Work to be completed ▸ Of the material below, the lines to be retyped are those from the line containing "ltb 0 protect_seconds" through the line containing "payer_status = none;", inclusive; reproduce them exactly.

Exercise data ▸

# # # # # # #

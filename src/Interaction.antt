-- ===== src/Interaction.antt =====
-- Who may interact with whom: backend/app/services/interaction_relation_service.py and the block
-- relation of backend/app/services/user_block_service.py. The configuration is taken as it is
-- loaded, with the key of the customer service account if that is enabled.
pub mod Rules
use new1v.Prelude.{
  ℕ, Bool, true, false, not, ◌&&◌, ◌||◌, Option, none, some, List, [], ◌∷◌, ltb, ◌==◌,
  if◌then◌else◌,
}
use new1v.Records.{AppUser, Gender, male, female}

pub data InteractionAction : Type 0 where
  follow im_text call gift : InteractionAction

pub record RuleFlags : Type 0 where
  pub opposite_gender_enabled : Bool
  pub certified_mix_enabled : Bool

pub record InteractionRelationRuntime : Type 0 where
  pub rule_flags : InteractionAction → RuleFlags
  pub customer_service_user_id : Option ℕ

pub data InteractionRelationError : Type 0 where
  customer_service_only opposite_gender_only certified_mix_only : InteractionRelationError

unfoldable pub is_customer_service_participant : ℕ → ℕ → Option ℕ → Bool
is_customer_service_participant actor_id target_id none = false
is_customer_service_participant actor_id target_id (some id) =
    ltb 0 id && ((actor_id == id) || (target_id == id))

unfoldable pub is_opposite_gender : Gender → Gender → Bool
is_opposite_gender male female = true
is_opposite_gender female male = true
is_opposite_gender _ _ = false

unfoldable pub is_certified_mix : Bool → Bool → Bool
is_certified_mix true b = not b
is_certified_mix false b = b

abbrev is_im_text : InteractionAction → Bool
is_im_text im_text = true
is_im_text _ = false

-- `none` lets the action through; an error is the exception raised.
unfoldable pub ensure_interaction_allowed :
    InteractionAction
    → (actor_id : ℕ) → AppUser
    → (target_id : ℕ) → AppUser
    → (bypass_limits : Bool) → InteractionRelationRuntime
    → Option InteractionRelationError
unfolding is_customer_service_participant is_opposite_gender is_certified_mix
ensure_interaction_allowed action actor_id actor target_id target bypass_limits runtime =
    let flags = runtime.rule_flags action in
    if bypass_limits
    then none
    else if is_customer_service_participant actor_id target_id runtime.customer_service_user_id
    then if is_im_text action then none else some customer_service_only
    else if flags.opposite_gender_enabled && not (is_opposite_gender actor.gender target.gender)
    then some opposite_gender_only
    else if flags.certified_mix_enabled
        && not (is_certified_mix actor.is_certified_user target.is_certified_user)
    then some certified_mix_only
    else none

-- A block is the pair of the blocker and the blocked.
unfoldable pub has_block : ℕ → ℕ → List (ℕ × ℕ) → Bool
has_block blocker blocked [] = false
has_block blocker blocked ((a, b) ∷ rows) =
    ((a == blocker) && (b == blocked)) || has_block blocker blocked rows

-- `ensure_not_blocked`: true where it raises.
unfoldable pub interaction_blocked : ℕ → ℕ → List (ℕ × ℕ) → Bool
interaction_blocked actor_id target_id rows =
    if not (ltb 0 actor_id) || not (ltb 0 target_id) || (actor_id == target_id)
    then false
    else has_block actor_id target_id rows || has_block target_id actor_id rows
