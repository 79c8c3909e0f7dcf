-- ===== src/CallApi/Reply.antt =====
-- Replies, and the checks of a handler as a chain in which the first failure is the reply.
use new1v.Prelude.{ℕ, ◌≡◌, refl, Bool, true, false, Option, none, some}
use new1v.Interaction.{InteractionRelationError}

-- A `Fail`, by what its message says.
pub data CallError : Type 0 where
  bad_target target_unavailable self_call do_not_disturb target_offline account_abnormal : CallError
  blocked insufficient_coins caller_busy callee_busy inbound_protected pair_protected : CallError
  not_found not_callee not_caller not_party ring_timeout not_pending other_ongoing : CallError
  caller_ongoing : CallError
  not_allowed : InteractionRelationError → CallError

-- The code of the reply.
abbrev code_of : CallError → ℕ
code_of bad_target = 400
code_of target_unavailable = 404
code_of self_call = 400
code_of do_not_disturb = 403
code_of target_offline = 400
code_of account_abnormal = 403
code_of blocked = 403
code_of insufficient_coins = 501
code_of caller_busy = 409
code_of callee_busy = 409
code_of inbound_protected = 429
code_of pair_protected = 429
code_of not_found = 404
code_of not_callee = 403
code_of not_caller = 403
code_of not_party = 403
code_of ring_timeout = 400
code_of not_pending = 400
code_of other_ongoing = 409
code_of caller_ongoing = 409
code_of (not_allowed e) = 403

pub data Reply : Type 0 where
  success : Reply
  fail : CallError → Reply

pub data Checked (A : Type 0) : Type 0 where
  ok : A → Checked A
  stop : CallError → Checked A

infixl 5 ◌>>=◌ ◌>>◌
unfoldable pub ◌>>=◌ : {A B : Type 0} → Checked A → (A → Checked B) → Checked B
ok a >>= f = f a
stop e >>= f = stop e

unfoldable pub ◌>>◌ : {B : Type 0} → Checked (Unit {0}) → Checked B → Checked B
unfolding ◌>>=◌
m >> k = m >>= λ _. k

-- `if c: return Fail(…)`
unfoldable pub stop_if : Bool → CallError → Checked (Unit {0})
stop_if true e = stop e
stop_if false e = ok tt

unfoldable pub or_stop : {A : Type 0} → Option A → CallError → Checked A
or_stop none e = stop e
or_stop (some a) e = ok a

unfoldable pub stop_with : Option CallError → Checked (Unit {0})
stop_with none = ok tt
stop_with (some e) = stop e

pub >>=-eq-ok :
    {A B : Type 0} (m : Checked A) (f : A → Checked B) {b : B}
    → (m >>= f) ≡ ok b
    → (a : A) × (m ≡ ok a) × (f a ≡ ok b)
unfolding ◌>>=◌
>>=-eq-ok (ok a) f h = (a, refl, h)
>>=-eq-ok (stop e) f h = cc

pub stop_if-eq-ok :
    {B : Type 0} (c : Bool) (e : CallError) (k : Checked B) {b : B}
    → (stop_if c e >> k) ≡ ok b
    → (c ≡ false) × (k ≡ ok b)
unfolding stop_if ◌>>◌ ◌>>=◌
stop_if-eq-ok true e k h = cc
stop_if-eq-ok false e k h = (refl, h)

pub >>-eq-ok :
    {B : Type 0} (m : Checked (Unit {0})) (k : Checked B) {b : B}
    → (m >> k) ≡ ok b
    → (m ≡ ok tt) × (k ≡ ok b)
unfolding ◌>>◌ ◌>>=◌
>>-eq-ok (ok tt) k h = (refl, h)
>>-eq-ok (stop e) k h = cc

# # # # # # #

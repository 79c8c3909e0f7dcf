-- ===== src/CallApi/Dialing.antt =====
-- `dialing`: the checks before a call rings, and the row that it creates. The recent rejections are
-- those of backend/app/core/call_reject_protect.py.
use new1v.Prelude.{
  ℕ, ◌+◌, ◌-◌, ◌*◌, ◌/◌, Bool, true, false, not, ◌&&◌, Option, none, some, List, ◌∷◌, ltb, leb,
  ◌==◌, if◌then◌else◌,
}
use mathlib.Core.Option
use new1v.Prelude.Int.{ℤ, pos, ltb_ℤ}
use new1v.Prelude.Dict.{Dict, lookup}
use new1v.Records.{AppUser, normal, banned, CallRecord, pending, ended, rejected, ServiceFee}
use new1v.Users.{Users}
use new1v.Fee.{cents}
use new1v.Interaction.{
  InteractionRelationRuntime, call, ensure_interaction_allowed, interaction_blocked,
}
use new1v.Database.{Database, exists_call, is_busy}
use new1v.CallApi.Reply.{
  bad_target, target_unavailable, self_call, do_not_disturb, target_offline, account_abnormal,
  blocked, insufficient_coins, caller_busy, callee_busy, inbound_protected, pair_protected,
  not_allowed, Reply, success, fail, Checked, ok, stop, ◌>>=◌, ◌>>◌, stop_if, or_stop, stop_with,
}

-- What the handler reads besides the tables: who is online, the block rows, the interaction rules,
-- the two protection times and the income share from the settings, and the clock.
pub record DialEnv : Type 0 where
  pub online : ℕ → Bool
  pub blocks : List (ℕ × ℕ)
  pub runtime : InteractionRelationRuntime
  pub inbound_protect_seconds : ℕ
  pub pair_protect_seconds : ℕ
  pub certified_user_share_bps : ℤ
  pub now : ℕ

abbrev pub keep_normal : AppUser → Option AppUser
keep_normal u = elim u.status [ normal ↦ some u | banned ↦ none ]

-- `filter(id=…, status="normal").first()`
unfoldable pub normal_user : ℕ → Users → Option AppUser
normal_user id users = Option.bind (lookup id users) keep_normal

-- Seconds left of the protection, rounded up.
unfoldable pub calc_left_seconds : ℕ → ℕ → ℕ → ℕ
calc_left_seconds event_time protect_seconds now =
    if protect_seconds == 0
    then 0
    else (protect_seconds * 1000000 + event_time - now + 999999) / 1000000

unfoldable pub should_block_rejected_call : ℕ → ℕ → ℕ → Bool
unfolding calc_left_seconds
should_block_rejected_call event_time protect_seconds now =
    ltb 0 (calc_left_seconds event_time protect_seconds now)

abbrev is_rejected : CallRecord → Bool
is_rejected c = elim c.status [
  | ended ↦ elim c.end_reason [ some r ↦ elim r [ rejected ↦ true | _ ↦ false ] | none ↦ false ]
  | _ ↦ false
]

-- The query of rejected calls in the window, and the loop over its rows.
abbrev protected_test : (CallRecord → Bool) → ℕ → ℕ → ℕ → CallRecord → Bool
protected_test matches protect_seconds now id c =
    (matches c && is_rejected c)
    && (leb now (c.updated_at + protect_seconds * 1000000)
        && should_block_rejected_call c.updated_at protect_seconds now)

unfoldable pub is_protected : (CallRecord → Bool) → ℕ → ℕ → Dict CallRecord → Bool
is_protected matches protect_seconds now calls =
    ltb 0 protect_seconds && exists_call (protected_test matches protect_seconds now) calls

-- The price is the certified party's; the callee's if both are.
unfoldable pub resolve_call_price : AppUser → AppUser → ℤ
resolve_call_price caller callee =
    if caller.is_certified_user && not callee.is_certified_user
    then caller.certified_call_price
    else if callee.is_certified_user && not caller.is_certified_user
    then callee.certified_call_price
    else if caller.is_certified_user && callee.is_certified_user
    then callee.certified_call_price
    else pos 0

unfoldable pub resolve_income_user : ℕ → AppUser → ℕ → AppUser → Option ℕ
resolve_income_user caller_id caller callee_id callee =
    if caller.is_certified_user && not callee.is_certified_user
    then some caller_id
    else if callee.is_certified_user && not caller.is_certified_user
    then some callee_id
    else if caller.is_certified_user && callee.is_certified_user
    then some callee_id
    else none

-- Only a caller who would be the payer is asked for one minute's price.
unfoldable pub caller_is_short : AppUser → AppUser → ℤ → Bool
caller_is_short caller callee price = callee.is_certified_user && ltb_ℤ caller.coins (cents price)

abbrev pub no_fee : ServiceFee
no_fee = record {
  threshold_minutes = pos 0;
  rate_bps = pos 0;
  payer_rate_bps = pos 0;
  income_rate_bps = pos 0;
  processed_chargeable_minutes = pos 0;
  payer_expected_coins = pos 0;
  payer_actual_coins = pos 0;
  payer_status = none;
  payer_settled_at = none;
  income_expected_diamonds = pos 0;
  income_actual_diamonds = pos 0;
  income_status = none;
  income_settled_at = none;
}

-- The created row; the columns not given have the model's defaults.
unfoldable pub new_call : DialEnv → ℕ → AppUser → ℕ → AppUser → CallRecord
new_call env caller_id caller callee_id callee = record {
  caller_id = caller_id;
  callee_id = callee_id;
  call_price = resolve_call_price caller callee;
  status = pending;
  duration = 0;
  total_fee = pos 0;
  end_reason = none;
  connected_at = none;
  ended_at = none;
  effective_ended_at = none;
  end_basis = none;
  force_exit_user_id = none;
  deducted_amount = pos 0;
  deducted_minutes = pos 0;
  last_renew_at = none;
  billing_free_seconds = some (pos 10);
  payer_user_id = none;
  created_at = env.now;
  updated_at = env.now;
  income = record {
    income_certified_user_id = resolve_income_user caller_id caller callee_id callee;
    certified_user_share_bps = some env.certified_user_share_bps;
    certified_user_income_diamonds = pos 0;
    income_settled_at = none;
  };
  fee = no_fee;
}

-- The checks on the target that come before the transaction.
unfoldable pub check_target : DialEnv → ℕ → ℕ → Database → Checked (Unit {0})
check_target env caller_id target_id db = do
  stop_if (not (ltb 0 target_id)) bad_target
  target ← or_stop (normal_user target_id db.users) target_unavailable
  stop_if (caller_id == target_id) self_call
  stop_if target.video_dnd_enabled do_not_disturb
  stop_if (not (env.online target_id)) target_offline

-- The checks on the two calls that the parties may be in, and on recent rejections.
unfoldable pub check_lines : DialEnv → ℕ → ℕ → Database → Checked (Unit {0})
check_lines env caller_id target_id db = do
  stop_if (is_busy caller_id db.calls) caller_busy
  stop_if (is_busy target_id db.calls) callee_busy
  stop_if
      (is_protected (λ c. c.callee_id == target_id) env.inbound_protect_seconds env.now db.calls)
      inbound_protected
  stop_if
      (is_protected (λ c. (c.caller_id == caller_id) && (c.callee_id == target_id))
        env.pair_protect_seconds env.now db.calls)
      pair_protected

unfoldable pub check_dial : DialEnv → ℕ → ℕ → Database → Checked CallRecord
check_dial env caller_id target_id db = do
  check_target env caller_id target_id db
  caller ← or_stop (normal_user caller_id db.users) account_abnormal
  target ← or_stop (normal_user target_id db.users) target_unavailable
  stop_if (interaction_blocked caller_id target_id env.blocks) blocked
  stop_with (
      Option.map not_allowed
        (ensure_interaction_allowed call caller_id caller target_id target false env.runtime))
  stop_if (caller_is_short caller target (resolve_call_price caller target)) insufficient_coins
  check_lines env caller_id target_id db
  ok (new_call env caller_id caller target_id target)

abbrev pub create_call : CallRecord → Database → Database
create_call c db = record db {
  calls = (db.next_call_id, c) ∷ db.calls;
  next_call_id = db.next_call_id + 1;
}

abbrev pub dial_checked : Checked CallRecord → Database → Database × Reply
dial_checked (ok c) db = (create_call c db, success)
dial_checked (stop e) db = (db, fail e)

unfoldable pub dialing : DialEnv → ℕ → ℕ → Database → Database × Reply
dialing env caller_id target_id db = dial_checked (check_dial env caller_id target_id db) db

# # # # # # #

Written response ▸
    ltb 0 protect_seconds && exists_call (protected_test matches protect_seconds now) calls

-- The price is the certified party's; the callee's if both are.
unfoldable pub resolve_call_price : AppUser → AppUser → ℤ
resolve_call_price caller callee =
    if caller.is_certified_user && not callee.is_certified_user
    then caller.certified_call_price
    else if callee.is_certified_user && not caller.is_certified_user
    then callee.certified_call_price
    else if caller.is_certified_user && callee.is_certified_user
    then callee.certified_call_price
    else pos 0

unfoldable pub resolve_income_user : ℕ → AppUser → ℕ → AppUser → Option ℕ
resolve_income_user caller_id caller callee_id callee =
    if caller.is_certified_user && not callee.is_certified_user
    then some caller_id
    else if callee.is_certified_user && not caller.is_certified_user
    then some callee_id
    else if caller.is_certified_user && callee.is_certified_user
    then some callee_id
    else none

-- Only a caller who would be the payer is asked for one minute's price.
unfoldable pub caller_is_short : AppUser → AppUser → ℤ → Bool
caller_is_short caller callee price = callee.is_certified_user && ltb_ℤ caller.coins (cents price)

abbrev pub no_fee : ServiceFee
no_fee = record {
  threshold_minutes = pos 0;
  rate_bps = pos 0;
  payer_rate_bps = pos 0;
  income_rate_bps = pos 0;
  processed_chargeable_minutes = pos 0;
  payer_expected_coins = pos 0;
  payer_actual_coins = pos 0;
  payer_status = none;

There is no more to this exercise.